◆ Material for the task
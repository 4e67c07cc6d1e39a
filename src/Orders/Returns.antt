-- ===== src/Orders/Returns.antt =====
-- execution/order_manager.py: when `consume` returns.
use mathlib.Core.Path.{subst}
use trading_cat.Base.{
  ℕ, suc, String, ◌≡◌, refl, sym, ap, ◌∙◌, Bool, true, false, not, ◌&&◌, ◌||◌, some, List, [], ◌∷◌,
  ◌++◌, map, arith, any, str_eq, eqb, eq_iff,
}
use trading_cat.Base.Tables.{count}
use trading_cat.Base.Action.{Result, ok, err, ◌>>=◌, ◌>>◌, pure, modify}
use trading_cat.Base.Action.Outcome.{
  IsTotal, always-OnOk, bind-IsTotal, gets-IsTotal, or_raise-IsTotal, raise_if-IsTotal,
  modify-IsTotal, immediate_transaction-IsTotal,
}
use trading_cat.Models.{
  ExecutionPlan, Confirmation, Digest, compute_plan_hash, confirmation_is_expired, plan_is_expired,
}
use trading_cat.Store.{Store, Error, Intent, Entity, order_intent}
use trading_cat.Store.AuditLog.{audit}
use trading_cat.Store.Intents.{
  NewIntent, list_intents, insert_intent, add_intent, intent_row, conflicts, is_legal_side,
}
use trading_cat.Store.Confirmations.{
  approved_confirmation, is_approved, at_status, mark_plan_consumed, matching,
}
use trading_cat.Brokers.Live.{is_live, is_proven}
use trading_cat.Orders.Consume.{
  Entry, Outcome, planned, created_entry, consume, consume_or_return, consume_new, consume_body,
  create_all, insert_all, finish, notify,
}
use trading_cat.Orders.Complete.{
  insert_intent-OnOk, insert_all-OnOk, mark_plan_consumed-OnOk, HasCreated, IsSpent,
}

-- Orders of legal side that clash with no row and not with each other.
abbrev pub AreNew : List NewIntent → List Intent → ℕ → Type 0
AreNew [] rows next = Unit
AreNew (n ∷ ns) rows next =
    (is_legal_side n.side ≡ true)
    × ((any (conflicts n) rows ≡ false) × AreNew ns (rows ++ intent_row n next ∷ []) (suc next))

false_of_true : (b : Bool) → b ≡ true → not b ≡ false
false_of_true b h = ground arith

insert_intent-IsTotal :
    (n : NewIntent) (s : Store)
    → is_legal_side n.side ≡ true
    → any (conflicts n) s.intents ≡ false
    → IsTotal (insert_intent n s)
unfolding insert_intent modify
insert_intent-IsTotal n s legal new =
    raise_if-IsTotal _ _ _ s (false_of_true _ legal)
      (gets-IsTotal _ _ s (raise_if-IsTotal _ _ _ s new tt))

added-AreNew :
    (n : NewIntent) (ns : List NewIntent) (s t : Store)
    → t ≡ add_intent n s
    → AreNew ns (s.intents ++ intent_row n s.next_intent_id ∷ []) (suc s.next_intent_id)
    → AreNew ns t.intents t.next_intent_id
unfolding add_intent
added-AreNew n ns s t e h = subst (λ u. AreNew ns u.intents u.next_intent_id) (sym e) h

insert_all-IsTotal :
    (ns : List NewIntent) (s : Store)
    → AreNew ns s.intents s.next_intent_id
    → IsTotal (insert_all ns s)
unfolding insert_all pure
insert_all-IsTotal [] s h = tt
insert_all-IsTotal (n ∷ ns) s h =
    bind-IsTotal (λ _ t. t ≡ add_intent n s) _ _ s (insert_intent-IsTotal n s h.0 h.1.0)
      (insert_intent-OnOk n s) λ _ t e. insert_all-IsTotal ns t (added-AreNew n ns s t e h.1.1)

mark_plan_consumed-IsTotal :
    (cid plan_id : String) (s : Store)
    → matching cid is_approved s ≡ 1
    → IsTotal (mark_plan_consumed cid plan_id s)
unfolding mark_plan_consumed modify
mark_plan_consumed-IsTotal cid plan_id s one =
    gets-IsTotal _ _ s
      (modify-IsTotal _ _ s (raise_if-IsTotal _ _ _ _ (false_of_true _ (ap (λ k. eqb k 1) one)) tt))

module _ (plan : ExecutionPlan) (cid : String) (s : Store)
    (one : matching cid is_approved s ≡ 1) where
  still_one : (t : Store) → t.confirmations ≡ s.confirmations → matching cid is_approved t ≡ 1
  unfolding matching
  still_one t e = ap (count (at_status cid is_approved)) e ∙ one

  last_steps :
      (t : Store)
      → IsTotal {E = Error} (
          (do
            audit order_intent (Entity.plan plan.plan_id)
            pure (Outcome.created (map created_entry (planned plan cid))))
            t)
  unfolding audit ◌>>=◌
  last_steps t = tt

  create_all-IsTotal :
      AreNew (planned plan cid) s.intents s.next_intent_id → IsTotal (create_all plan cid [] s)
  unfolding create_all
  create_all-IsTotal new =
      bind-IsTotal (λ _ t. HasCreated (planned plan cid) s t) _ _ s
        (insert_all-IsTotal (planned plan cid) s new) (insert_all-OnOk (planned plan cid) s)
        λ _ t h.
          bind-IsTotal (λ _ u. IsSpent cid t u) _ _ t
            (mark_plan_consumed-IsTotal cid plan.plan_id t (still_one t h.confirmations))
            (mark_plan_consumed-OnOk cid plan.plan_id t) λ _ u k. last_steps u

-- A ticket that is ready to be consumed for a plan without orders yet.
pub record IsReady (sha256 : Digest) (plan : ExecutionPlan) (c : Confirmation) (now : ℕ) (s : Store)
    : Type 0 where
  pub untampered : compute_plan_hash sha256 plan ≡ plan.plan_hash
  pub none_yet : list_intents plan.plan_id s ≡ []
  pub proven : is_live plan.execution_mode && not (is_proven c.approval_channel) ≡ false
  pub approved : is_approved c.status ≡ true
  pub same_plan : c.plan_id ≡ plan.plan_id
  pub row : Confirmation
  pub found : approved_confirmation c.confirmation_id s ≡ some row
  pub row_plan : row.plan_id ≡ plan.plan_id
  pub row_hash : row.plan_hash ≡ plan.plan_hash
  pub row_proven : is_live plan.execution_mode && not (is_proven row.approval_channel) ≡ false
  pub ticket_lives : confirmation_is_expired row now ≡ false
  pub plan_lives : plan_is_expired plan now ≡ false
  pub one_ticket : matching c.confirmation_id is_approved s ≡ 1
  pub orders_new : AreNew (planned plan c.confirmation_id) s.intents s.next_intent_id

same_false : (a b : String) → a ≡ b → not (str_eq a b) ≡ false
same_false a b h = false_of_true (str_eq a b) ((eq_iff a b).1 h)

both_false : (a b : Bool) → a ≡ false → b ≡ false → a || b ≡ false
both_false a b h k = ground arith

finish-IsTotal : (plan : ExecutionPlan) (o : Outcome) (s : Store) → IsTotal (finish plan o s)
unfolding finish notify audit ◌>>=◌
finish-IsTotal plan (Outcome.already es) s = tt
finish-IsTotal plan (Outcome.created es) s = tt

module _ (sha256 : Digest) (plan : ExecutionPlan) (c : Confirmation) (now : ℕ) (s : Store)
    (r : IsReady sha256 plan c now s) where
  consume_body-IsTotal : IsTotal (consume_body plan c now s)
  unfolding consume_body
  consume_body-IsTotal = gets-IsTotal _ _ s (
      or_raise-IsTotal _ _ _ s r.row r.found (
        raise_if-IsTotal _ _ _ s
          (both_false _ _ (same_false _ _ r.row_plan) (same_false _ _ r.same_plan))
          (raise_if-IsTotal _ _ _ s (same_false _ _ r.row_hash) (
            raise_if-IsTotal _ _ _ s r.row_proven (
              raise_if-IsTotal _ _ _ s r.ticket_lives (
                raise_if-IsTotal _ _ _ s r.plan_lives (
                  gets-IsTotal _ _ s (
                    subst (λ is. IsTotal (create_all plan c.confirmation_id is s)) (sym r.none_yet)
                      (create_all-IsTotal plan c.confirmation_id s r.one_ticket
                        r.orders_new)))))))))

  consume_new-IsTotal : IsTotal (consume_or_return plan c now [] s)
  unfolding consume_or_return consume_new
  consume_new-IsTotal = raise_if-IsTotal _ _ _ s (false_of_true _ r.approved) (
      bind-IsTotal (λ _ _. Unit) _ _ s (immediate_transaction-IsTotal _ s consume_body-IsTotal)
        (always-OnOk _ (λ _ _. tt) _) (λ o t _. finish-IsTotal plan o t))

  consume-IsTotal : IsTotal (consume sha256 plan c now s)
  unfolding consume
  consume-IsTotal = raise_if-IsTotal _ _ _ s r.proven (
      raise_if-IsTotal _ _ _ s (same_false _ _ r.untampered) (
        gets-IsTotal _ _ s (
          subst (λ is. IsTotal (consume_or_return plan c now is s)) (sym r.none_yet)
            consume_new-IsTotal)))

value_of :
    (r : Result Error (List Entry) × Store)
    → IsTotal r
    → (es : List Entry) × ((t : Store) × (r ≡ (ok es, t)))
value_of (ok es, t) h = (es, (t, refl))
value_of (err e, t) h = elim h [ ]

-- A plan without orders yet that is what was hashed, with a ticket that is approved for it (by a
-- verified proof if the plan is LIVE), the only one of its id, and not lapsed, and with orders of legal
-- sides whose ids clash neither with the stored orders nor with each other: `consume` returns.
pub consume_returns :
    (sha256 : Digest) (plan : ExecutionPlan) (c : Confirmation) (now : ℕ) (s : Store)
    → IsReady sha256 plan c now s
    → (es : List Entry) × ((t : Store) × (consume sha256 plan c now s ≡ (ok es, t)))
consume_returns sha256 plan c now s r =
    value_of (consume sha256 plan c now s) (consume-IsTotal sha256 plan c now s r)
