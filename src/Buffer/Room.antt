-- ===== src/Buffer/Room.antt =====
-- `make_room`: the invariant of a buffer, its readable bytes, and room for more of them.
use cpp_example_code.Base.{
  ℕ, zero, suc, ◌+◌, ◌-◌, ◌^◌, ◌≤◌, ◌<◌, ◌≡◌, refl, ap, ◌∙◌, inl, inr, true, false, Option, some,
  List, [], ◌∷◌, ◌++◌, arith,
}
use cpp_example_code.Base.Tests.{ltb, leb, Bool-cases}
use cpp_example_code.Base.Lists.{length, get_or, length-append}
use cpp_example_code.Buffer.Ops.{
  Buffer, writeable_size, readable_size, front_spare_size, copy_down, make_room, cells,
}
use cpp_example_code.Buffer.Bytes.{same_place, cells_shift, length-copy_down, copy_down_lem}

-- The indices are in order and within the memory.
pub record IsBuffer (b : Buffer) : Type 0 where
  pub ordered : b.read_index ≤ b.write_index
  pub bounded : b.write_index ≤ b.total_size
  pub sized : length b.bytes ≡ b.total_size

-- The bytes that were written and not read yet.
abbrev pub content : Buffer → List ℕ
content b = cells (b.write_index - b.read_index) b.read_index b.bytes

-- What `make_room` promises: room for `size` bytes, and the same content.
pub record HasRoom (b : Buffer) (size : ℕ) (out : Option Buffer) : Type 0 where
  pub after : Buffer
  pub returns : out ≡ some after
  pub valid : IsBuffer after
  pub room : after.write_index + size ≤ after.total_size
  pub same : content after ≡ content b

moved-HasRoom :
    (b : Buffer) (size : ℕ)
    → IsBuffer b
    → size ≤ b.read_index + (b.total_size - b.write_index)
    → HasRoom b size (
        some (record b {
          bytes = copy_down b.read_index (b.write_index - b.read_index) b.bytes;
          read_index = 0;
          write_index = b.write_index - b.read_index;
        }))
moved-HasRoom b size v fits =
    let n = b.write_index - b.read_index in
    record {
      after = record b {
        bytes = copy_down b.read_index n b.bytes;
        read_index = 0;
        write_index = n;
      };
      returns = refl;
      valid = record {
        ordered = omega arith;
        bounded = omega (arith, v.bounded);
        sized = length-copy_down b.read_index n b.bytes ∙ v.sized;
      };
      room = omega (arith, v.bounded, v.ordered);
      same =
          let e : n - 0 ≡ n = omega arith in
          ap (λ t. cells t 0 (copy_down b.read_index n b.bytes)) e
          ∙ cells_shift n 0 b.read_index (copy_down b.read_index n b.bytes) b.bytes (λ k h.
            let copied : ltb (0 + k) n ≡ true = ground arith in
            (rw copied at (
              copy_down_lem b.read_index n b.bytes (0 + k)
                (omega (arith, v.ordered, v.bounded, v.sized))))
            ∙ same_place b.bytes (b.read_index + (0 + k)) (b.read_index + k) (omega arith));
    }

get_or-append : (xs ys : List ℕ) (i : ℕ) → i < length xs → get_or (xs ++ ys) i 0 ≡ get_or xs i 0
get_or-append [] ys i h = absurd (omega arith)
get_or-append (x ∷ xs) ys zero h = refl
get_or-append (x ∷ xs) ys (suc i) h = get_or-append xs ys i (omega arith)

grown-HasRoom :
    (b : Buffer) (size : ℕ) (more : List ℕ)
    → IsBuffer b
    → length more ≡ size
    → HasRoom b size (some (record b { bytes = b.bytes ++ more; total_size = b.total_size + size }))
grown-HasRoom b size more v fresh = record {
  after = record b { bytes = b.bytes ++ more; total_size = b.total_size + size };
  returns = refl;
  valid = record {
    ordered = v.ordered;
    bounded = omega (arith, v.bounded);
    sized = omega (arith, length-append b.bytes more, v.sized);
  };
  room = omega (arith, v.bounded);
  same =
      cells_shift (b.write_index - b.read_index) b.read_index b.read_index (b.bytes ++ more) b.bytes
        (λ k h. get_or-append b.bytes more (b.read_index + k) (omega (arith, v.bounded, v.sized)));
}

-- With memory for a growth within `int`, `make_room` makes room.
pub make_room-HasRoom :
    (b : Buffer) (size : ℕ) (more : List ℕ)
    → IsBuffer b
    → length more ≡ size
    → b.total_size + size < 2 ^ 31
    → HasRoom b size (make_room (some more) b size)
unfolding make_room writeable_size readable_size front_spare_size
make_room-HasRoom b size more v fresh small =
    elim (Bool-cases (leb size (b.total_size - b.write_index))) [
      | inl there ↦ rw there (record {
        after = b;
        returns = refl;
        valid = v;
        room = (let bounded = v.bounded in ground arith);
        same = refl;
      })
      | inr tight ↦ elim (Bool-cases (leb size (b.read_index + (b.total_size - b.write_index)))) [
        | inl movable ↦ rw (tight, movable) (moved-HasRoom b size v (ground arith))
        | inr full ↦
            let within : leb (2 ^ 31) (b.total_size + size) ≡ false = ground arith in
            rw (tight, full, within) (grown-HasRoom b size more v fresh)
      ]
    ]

◆ What the exercise asks
Extract every line from the records above that contains the word "within".

◆ Response area
-- The indices are in order and within the memory.
-- With memory for a growth within `int`, `make_room` makes room.
            let within : leb (2 ^ 31) (b.total_size + size) ≡ false = ground arith in
            rw (tight, full, within) (grown-HasRoom b size more v fresh)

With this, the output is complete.